• _ASSIGNMENT_:
Return the data below in full, matching every line exactly.

RECORDS Block Start

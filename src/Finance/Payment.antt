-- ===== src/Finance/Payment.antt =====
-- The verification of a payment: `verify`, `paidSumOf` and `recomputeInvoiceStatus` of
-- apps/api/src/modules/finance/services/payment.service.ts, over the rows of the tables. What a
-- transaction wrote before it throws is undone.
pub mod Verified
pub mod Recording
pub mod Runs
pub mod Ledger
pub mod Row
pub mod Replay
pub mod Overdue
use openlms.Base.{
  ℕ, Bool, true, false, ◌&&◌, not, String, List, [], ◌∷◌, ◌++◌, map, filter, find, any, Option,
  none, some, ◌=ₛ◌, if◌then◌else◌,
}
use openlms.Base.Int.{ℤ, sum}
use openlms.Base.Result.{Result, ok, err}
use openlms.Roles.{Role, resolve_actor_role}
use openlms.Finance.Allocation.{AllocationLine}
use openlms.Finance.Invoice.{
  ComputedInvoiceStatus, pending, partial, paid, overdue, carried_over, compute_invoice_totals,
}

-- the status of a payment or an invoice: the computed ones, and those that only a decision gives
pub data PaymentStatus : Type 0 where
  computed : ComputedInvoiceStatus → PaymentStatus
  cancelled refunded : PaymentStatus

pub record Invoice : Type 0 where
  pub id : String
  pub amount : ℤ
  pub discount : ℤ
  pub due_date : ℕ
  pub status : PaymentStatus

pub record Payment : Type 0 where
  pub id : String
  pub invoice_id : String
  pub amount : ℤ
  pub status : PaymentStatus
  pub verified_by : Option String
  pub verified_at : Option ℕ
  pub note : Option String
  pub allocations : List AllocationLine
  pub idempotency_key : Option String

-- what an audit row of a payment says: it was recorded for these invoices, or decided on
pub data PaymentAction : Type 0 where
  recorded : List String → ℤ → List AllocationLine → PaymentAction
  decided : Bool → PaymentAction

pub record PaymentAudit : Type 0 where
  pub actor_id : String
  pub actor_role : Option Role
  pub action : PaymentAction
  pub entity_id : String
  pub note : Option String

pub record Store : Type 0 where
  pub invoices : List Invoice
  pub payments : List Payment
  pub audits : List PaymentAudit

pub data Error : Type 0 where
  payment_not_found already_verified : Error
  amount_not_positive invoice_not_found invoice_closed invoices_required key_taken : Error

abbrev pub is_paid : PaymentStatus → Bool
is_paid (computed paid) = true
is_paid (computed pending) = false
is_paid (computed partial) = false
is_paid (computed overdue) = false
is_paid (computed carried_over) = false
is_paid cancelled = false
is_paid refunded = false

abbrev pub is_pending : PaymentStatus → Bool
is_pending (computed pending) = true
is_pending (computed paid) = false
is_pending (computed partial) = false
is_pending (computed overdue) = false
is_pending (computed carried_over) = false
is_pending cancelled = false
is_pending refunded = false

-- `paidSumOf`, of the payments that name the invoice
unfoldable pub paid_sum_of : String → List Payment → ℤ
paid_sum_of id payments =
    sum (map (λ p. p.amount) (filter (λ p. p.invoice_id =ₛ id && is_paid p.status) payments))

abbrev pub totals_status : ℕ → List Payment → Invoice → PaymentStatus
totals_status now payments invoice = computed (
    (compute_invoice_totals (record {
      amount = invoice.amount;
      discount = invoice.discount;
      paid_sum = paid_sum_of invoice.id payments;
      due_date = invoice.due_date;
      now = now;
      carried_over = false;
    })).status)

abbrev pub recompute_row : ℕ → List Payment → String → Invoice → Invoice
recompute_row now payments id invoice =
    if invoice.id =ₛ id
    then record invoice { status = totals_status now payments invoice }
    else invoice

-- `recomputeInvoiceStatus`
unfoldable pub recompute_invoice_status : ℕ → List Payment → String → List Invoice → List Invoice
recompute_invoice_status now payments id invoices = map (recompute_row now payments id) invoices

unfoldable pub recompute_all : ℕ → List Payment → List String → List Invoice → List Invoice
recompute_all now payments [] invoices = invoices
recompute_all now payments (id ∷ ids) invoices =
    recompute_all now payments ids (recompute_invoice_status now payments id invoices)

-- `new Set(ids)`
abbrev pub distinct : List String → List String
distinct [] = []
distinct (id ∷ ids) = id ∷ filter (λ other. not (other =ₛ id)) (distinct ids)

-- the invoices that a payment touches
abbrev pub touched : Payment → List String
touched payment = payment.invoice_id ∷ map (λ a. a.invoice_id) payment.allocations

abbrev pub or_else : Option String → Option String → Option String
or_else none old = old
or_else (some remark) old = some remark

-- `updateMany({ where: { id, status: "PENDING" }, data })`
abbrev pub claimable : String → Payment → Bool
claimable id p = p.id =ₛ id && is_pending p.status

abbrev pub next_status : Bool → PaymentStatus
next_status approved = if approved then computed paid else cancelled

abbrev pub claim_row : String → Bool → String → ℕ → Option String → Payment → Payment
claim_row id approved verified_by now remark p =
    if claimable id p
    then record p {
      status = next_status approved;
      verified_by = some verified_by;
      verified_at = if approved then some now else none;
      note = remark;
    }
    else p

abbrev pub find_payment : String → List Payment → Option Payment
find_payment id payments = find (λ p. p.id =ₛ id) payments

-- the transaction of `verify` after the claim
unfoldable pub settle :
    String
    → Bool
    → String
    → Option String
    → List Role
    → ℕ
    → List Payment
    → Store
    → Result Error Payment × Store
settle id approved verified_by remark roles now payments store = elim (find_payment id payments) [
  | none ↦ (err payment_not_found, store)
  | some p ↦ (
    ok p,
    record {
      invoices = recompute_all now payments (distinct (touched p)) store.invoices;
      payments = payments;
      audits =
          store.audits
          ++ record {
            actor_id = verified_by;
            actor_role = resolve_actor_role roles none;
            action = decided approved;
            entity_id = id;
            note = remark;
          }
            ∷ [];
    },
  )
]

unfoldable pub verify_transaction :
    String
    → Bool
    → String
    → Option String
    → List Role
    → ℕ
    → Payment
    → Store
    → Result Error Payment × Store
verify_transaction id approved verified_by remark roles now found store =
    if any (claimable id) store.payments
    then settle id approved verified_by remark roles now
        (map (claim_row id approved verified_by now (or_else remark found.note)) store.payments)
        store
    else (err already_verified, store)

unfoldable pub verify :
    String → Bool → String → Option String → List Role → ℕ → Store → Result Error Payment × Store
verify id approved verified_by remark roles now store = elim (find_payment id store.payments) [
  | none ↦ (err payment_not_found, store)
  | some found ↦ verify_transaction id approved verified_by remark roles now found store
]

RECORDS Block End

• _REPLY TO THE EXERCISE_:
filename src/Finance/Payment.antt
-- ===== src/Finance/Payment.antt =====
-- The verification of a payment: `verify`, `paidSumOf` and `recomputeInvoiceStatus` of
-- apps/api/src/modules/finance/services/payment.service.ts, over the rows of the tables. What a
-- transaction wrote before it throws is undone.
pub mod Verified
pub mod Recording
pub mod Runs
pub mod Ledger
pub mod Row
pub mod Replay
pub mod Overdue
use openlms.Base.{
  ℕ, Bool, true, false, ◌&&◌, not, String, List, [], ◌∷◌, ◌++◌, map, filter, find, any, Option,
  none, some, ◌=ₛ◌, if◌then◌else◌,
}
use openlms.Base.Int.{ℤ, sum}
use openlms.Base.Result.{Result, ok, err}
use openlms.Roles.{Role, resolve_actor_role}
use openlms.Finance.Allocation.{AllocationLine}
use openlms.Finance.Invoice.{
  ComputedInvoiceStatus, pending, partial, paid, overdue, carried_over, compute_invoice_totals,
}

-- the status of a payment or an invoice: the computed ones, and those that only a decision gives
pub data PaymentStatus : Type 0 where
  computed : ComputedInvoiceStatus → PaymentStatus
  cancelled refunded : PaymentStatus

pub record Invoice : Type 0 where
  pub id : String
  pub amount : ℤ
  pub discount : ℤ
  pub due_date : ℕ
  pub status : PaymentStatus

pub record Payment : Type 0 where
  pub id : String
  pub invoice_id : String
  pub amount : ℤ
  pub status : PaymentStatus
  pub verified_by : Option String
  pub verified_at : Option ℕ
  pub note : Option String
  pub allocations : List AllocationLine
  pub idempotency_key : Option String

-- what an audit row of a payment says: it was recorded for these invoices, or decided on
pub data PaymentAction : Type 0 where
  recorded : List String → ℤ → List AllocationLine → PaymentAction
  decided : Bool → PaymentAction

pub record PaymentAudit : Type 0 where
  pub actor_id : String
  pub actor_role : Option Role
  pub action : PaymentAction
  pub entity_id : String
  pub note : Option String

pub record Store : Type 0 where
  pub invoices : List Invoice
  pub payments : List Payment
  pub audits : List PaymentAudit

pub data Error : Type 0 where
  payment_not_found already_verified : Error
  amount_not_positive invoice_not_found invoice_closed invoices_required key_taken : Error

abbrev pub is_paid : PaymentStatus → Bool
is_paid (computed paid) = true
is_paid (computed pending) = false
is_paid (computed partial) = false
is_paid (computed overdue) = false
is_paid (computed carried_over) = false
is_paid cancelled = false
is_paid refunded = false

abbrev pub is_pending : PaymentStatus → Bool
is_pending (computed pending) = true
is_pending (computed paid) = false
is_pending (computed partial) = false
is_pending (computed overdue) = false
is_pending (computed carried_over) = false
is_pending cancelled = false
is_pending refunded = false

-- `paidSumOf`, of the payments that name the invoice
unfoldable pub paid_sum_of : String → List Payment → ℤ
paid_sum_of id payments =
    sum (map (λ p. p.amount) (filter (λ p. p.invoice_id =ₛ id && is_paid p.status) payments))

abbrev pub totals_status : ℕ → List Payment → Invoice → PaymentStatus
totals_status now payments invoice = computed (
    (compute_invoice_totals (record {
      amount = invoice.amount;
      discount = invoice.discount;
      paid_sum = paid_sum_of invoice.id payments;
      due_date = invoice.due_date;
      now = now;
      carried_over = false;
    })).status)

abbrev pub recompute_row : ℕ → List Payment → String → Invoice → Invoice
recompute_row now payments id invoice =
    if invoice.id =ₛ id
    then record invoice { status = totals_status now payments invoice }
    else invoice

-- `recomputeInvoiceStatus`
unfoldable pub recompute_invoice_status : ℕ → List Payment → String → List Invoice → List Invoice
recompute_invoice_status now payments id invoices = map (recompute_row now payments id) invoices

unfoldable pub recompute_all : ℕ → List Payment → List String → List Invoice → List Invoice
recompute_all now payments [] invoices = invoices
recompute_all now payments (id ∷ ids) invoices =
    recompute_all now payments ids (recompute_invoice_status now payments id invoices)

-- `new Set(ids)`
abbrev pub distinct : List String → List String
distinct [] = []
distinct (id ∷ ids) = id ∷ filter (λ other. not (other =ₛ id)) (distinct ids)

-- the invoices that a payment touches
abbrev pub touched : Payment → List String
touched payment = payment.invoice_id ∷ map (λ a. a.invoice_id) payment.allocations

abbrev pub or_else : Option String → Option String → Option String
or_else none old = old
or_else (some remark) old = some remark

-- `updateMany({ where: { id, status: "PENDING" }, data })`
abbrev pub claimable : String → Payment → Bool
claimable id p = p.id =ₛ id && is_pending p.status

abbrev pub next_status : Bool → PaymentStatus
next_status approved = if approved then computed paid else cancelled

abbrev pub claim_row : String → Bool → String → ℕ → Option String → Payment → Payment
claim_row id approved verified_by now remark p =
    if claimable id p
    then record p {
      status = next_status approved;
      verified_by = some verified_by;
      verified_at = if approved then some now else none;
      note = remark;
    }
    else p

abbrev pub find_payment : String → List Payment → Option Payment
find_payment id payments = find (λ p. p.id =ₛ id) payments

-- the transaction of `verify` after the claim
unfoldable pub settle :
    String
    → Bool
    → String
    → Option String
    → List Role
    → ℕ
    → List Payment
    → Store
    → Result Error Payment × Store
settle id approved verified_by remark roles now payments store = elim (find_payment id payments) [
  | none ↦ (err payment_not_found, store)
  | some p ↦ (
    ok p,
    record {
      invoices = recompute_all now payments (distinct (touched p)) store.invoices;
      payments = payments;
      audits =
          store.audits
          ++ record {
            actor_id = verified_by;
            actor_role = resolve_actor_role roles none;
            action = decided approved;
            entity_id = id;
            note = remark;
          }
            ∷ [];
    },
  )
]

unfoldable pub verify_transaction :
    String
    → Bool
    → String
    → Option String
    → List Role
    → ℕ
    → Payment
    → Store
    → Result Error Payment × Store
verify_transaction id approved verified_by remark roles now found store =
    if any (claimable id) store.payments
    then settle id approved verified_by remark roles now
        (map (claim_row id approved verified_by now (or_else remark found.note)) store.payments)
        store
    else (err already_verified, store)

unfoldable pub verify :
    String → Bool → String → Option String → List Role → ℕ → Store → Result Error Payment × Store
verify id approved verified_by remark roles now store = elim (find_payment id store.payments) [
  | none ↦ (err payment_not_found, store)
  | some found ↦ verify_transaction id approved verified_by remark roles now found store
]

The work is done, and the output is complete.